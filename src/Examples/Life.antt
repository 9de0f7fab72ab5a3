-- ===== src/Examples/Life.antt =====
-- A sale from empty tables to a paid order, and the deletion of its buyer.
use flux_kart.Prelude.{ℕ, ◌+◌, ◌*◌, ◌≤◌, ◌≡◌, refl, true, false, some, [], ◌∷◌, count_where}
use flux_kart.Inventory.{try_reserve_inventory}
use mathlib.Core.Path.{subst}
use flux_kart.Db.{
  SaleStatus, ReservationStatus, OrderStatus, InventoryRow, Reservation, Order, Payload, Database,
}
use flux_kart.Db.Inventory.{get_inventory, update_inventory}
use flux_kart.Db.Sales.{SaleData, get_sale_by_id, create_sale, update_sale_status}
use flux_kart.Db.Orders.{get_paid_order, get_order, create_order, set_order_status}
use flux_kart.Db.Outbox.{create_outbox_event}
use flux_kart.Db.Reservations.{
  get_reservation_by_idempotency_key, get_active_reservation, get_reservation_by_id,
  insert_reservation, confirm_reservation, update_reservation_status,
}
use flux_kart.Degradation.{try_reserve_with_fallback}
use flux_kart.QueueService.{is_queue_active, get_queue_depth}
use flux_kart.UserScore.{calculate_user_score, get_ttl_for_score, get_recovery_window_for_score}
use flux_kart.Db.Users.{User, admin_delete_user}
use flux_kart.OrderConsumer.{healthy, process_order_message}
use flux_kart.Payments.{pay_order, fetch_order, payment_error, pay_transaction}
use flux_kart.Payments.Card.{card_error}
use flux_kart.ReservationService.{
  Request, check_user, check_sale, get_sale_cached, pass_queue, get_user_score_cached,
  computed_score,
}
use flux_kart.ReservationService.Create.{create_reservation, persist, reserve_and_persist, finish}
use flux_kart.SaleAdmin.{Shop, admin_create_sale}
use flux_kart.SaleAdmin.Lifecycle.Calls.{create_call, handle}
use flux_kart.System.{IsValid, units_paid}
use flux_kart.System.Steps.{
  Step, Reach, here, next, administer, reserve, deliver, pay, reachable-IsSound,
}
use flux_kart.System.Sold.{empty, empty-IsSound, sold_is_paid, reachable-IsValid}
use flux_kart.System.Deletion.{made_by, units_bought, deleted_units_stay}
use flux_kart.Examples.Reservations.{services, world, fine}
use flux_kart.Examples.Trade.{python, receipts, no_receipts, card, key}

abbrev pub eight : SaleData
eight = record {
  sale_price = 500;
  original_price = 900;
  total_quantity = 8;
  starts_at = 0;
  ends_at = 9000;
}

abbrev row : ℕ → ℕ → InventoryRow
row reserved sold = record {
  sale_id = 1;
  total_quantity = 8;
  reserved_quantity = reserved;
  sold_quantity = sold;
}

abbrev pub shop : Shop services.counters services.holds services.waiting
shop = record {
  db = empty;
  preregistrations = [];
  stock = world.stock;
  waiting = world.waiting;
  workers = [];
}

abbrev offered : Database
offered = record {
  sales =
      record {
        id = 1;
        sale_price = 500;
        original_price = 900;
        total_quantity = 8;
        starts_at = 0;
        ends_at = 9000;
        status = SaleStatus.active;
      }
      ∷ [];
  inventory = row 0 0 ∷ [];
  reservations = [];
  orders = [];
  outbox_events = [];
}

abbrev request : Request
request = record { user_id = 4; sale_id = 1; quantity = 2; idempotency_key = 6 }

abbrev reservation : ReservationStatus → Reservation
reservation status = record {
  id = 3;
  user_id = 4;
  sale_id = 1;
  quantity = 2;
  status = status;
  idempotency_key = 6;
  expires_at = 600100;
}

abbrev message : Payload
message = record { reservation_id = 3; user_id = 4; sale_id = 1; quantity = 2; unit_price = 500 }

abbrev taken : Database
taken = record offered {
  reservations = reservation ReservationStatus.pending ∷ [];
  outbox_events =
      record { id = 10; aggregate_id = 3; payload = message; published = false; retry_count = 0 }
      ∷ [];
}

abbrev order : OrderStatus → Order
order status = record {
  id = 7;
  user_id = 4;
  sale_id = 1;
  reservation_id = 3;
  quantity = 2;
  unit_price = 500;
  total_price = 1000;
  status = status;
}

abbrev ordered : Database
ordered = record taken {
  reservations = reservation ReservationStatus.confirmed ∷ [];
  orders = order OrderStatus.pending ∷ [];
  inventory = row 2 0 ∷ [];
}

abbrev paid : Database
paid = record ordered { orders = order OrderStatus.paid ∷ []; inventory = row 0 2 ∷ [] }

create_eq :
    (handle services.counters services.holds services.waiting true
      (create_call 50 1 eight)
      shop).1.db
    ≡ offered
unfolding handle admin_create_sale create_sale update_sale_status
create_eq = refl

reserve_eq : (create_reservation services fine request (record world { db = offered })).1.db ≡ taken
unfolding create_reservation check_user get_reservation_by_idempotency_key get_paid_order
    get_active_reservation check_sale get_sale_cached get_sale_by_id pass_queue is_queue_active
    get_queue_depth try_reserve_with_fallback try_reserve_inventory persist insert_reservation
    create_outbox_event get_user_score_cached computed_score calculate_user_score get_ttl_for_score
    get_recovery_window_for_score reserve_and_persist finish
reserve_eq = refl

deliver_eq : (process_order_message ◌*◌ healthy 7 (some message) taken).1 ≡ ordered
unfolding process_order_message get_reservation_by_id create_order update_inventory
    confirm_reservation
deliver_eq = refl

pay_eq : (pay_order python receipts key true 200 4 7 card ordered no_receipts).1 ≡ paid
unfolding pay_order fetch_order get_order get_reservation_by_id payment_error card_error
    pay_transaction update_reservation_status set_order_status update_inventory
pay_eq = refl

abbrev Called : Database → Database → Type 0
Called = Step services python receipts key ◌*◌

to_paid : Reach services python receipts key ◌*◌ empty paid
to_paid =
    let created =
      subst (Called empty) create_eq (administer true (create_call 50 1 eight) shop refl) in
    let reserved =
      subst (Called offered) reserve_eq (reserve fine request (record world { db = offered })) in
    let delivered = subst (Called taken) deliver_eq (deliver healthy 7 (some message) taken refl) in
    let bought = subst (Called ordered) pay_eq (pay true 200 4 7 card ordered no_receipts) in
    next (next (next (next here created) reserved) delivered) bought

sold_is_paid_example : (2 ≡ units_paid 1 paid.orders) × (units_paid 1 paid.orders + 0 ≤ 8)
sold_is_paid_example = sold_is_paid services python receipts key ◌*◌ paid 1 (row 0 2) to_paid refl

reachable-IsValid_example : IsValid paid
reachable-IsValid_example = reachable-IsValid services python receipts key ◌*◌ paid to_paid

abbrev buyer : User
buyer = record { id = 4; email = 8; hashed_password = 9; is_active = true; is_admin = false }

deleted_units_stay_example :
    let db' = (admin_delete_user 4 (buyer ∷ []) [] paid).3 in
    IsValid db'
    × (count_where (made_by 4) db'.reservations ≡ 0)
    × (get_inventory 1 db' ≡ some (row 0 2))
    × (2 ≡ units_paid 1 db'.orders + units_bought 4 1 paid.orders)
unfolding admin_delete_user
deleted_units_stay_example =
    deleted_units_stay 4 1 (buyer ∷ []) [] (row 0 2) paid
      (reachable-IsSound services python receipts key ◌*◌ empty-IsSound to_paid) refl refl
---+---
Instructions for the task >> Print out each line of the data exactly.

Completed task >>
filename src/Examples/Life.antt
repository 9de0f7fab72ab5a3
-- ===== src/Examples/Life.antt =====
-- A sale from empty tables to a paid order, and the deletion of its buyer.
use flux_kart.Prelude.{ℕ, ◌+◌, ◌*◌, ◌≤◌, ◌≡◌, refl, true, false, some, [], ◌∷◌, count_where}
use flux_kart.Inventory.{try_reserve_inventory}
use mathlib.Core.Path.{subst}
use flux_kart.Db.{
  SaleStatus, ReservationStatus, OrderStatus, InventoryRow, Reservation, Order, Payload, Database,
}
use flux_kart.Db.Inventory.{get_inventory, update_inventory}
use flux_kart.Db.Sales.{SaleData, get_sale_by_id, create_sale, update_sale_status}
use flux_kart.Db.Orders.{get_paid_order, get_order, create_order, set_order_status}
use flux_kart.Db.Outbox.{create_outbox_event}
use flux_kart.Db.Reservations.{
  get_reservation_by_idempotency_key, get_active_reservation, get_reservation_by_id,
  insert_reservation, confirm_reservation, update_reservation_status,
}
use flux_kart.Degradation.{try_reserve_with_fallback}
use flux_kart.QueueService.{is_queue_active, get_queue_depth}
use flux_kart.UserScore.{calculate_user_score, get_ttl_for_score, get_recovery_window_for_score}
use flux_kart.Db.Users.{User, admin_delete_user}
use flux_kart.OrderConsumer.{healthy, process_order_message}
use flux_kart.Payments.{pay_order, fetch_order, payment_error, pay_transaction}
use flux_kart.Payments.Card.{card_error}
use flux_kart.ReservationService.{
  Request, check_user, check_sale, get_sale_cached, pass_queue, get_user_score_cached,
  computed_score,
}
use flux_kart.ReservationService.Create.{create_reservation, persist, reserve_and_persist, finish}
use flux_kart.SaleAdmin.{Shop, admin_create_sale}
use flux_kart.SaleAdmin.Lifecycle.Calls.{create_call, handle}
use flux_kart.System.{IsValid, units_paid}
use flux_kart.System.Steps.{
  Step, Reach, here, next, administer, reserve, deliver, pay, reachable-IsSound,
}
use flux_kart.System.Sold.{empty, empty-IsSound, sold_is_paid, reachable-IsValid}
use flux_kart.System.Deletion.{made_by, units_bought, deleted_units_stay}
use flux_kart.Examples.Reservations.{services, world, fine}
use flux_kart.Examples.Trade.{python, receipts, no_receipts, card, key}

abbrev pub eight : SaleData
eight = record {
  sale_price = 500;
  original_price = 900;
  total_quantity = 8;
  starts_at = 0;
  ends_at = 9000;
}

abbrev row : ℕ → ℕ → InventoryRow
row reserved sold = record {
  sale_id = 1;
  total_quantity = 8;
  reserved_quantity = reserved;
  sold_quantity = sold;
}

abbrev pub shop : Shop services.counters services.holds services.waiting
shop = record {
  db = empty;
  preregistrations = [];
  stock = world.stock;
  waiting = world.waiting;
  workers = [];
}

abbrev offered : Database
offered = record {
  sales =
      record {
        id = 1;
        sale_price = 500;
        original_price = 900;
        total_quantity = 8;
        starts_at = 0;
        ends_at = 9000;
        status = SaleStatus.active;
      }
      ∷ [];
  inventory = row 0 0 ∷ [];
  reservations = [];
  orders = [];
  outbox_events = [];
}

abbrev request : Request
request = record { user_id = 4; sale_id = 1; quantity = 2; idempotency_key = 6 }

abbrev reservation : ReservationStatus → Reservation
reservation status = record {
  id = 3;
  user_id = 4;
  sale_id = 1;
  quantity = 2;
  status = status;
  idempotency_key = 6;
  expires_at = 600100;
}

abbrev message : Payload
message = record { reservation_id = 3; user_id = 4; sale_id = 1; quantity = 2; unit_price = 500 }

abbrev taken : Database
taken = record offered {
  reservations = reservation ReservationStatus.pending ∷ [];
  outbox_events =
      record { id = 10; aggregate_id = 3; payload = message; published = false; retry_count = 0 }
      ∷ [];
}

abbrev order : OrderStatus → Order
order status = record {
  id = 7;
  user_id = 4;
  sale_id = 1;
  reservation_id = 3;
  quantity = 2;
  unit_price = 500;
  total_price = 1000;
  status = status;
}

abbrev ordered : Database
ordered = record taken {
  reservations = reservation ReservationStatus.confirmed ∷ [];
  orders = order OrderStatus.pending ∷ [];
  inventory = row 2 0 ∷ [];
}

abbrev paid : Database
paid = record ordered { orders = order OrderStatus.paid ∷ []; inventory = row 0 2 ∷ [] }

create_eq :
    (handle services.counters services.holds services.waiting true
      (create_call 50 1 eight)
      shop).1.db
    ≡ offered
unfolding handle admin_create_sale create_sale update_sale_status
create_eq = refl

reserve_eq : (create_reservation services fine request (record world { db = offered })).1.db ≡ taken
unfolding create_reservation check_user get_reservation_by_idempotency_key get_paid_order
    get_active_reservation check_sale get_sale_cached get_sale_by_id pass_queue is_queue_active
    get_queue_depth try_reserve_with_fallback try_reserve_inventory persist insert_reservation
    create_outbox_event get_user_score_cached computed_score calculate_user_score get_ttl_for_score
    get_recovery_window_for_score reserve_and_persist finish
reserve_eq = refl

deliver_eq : (process_order_message ◌*◌ healthy 7 (some message) taken).1 ≡ ordered
unfolding process_order_message get_reservation_by_id create_order update_inventory
    confirm_reservation
deliver_eq = refl

pay_eq : (pay_order python receipts key true 200 4 7 card ordered no_receipts).1 ≡ paid
unfolding pay_order fetch_order get_order get_reservation_by_id payment_error card_error
    pay_transaction update_reservation_status set_order_status update_inventory
pay_eq = refl

abbrev Called : Database → Database → Type 0
Called = Step services python receipts key ◌*◌

to_paid : Reach services python receipts key ◌*◌ empty paid
to_paid =
    let created =
      subst (Called empty) create_eq (administer true (create_call 50 1 eight) shop refl) in
    let reserved =
      subst (Called offered) reserve_eq (reserve fine request (record world { db = offered })) in
    let delivered = subst (Called taken) deliver_eq (deliver healthy 7 (some message) taken refl) in
    let bought = subst (Called ordered) pay_eq (pay true 200 4 7 card ordered no_receipts) in
    next (next (next (next here created) reserved) delivered) bought

sold_is_paid_example : (2 ≡ units_paid 1 paid.orders) × (units_paid 1 paid.orders + 0 ≤ 8)
sold_is_paid_example = sold_is_paid services python receipts key ◌*◌ paid 1 (row 0 2) to_paid refl

reachable-IsValid_example : IsValid paid
reachable-IsValid_example = reachable-IsValid services python receipts key ◌*◌ paid to_paid

abbrev buyer : User
buyer = record { id = 4; email = 8; hashed_password = 9; is_active = true; is_admin = false }

deleted_units_stay_example :
    let db' = (admin_delete_user 4 (buyer ∷ []) [] paid).3 in
    IsValid db'
    × (count_where (made_by 4) db'.reservations ≡ 0)
    × (get_inventory 1 db' ≡ some (row 0 2))
    × (2 ≡ units_paid 1 db'.orders + units_bought 4 1 paid.orders)
unfolding admin_delete_user
deleted_units_stay_example =
    deleted_units_stay 4 1 (buyer ∷ []) [] (row 0 2) paid
      (reachable-IsSound services python receipts key ◌*◌ empty-IsSound to_paid) refl refl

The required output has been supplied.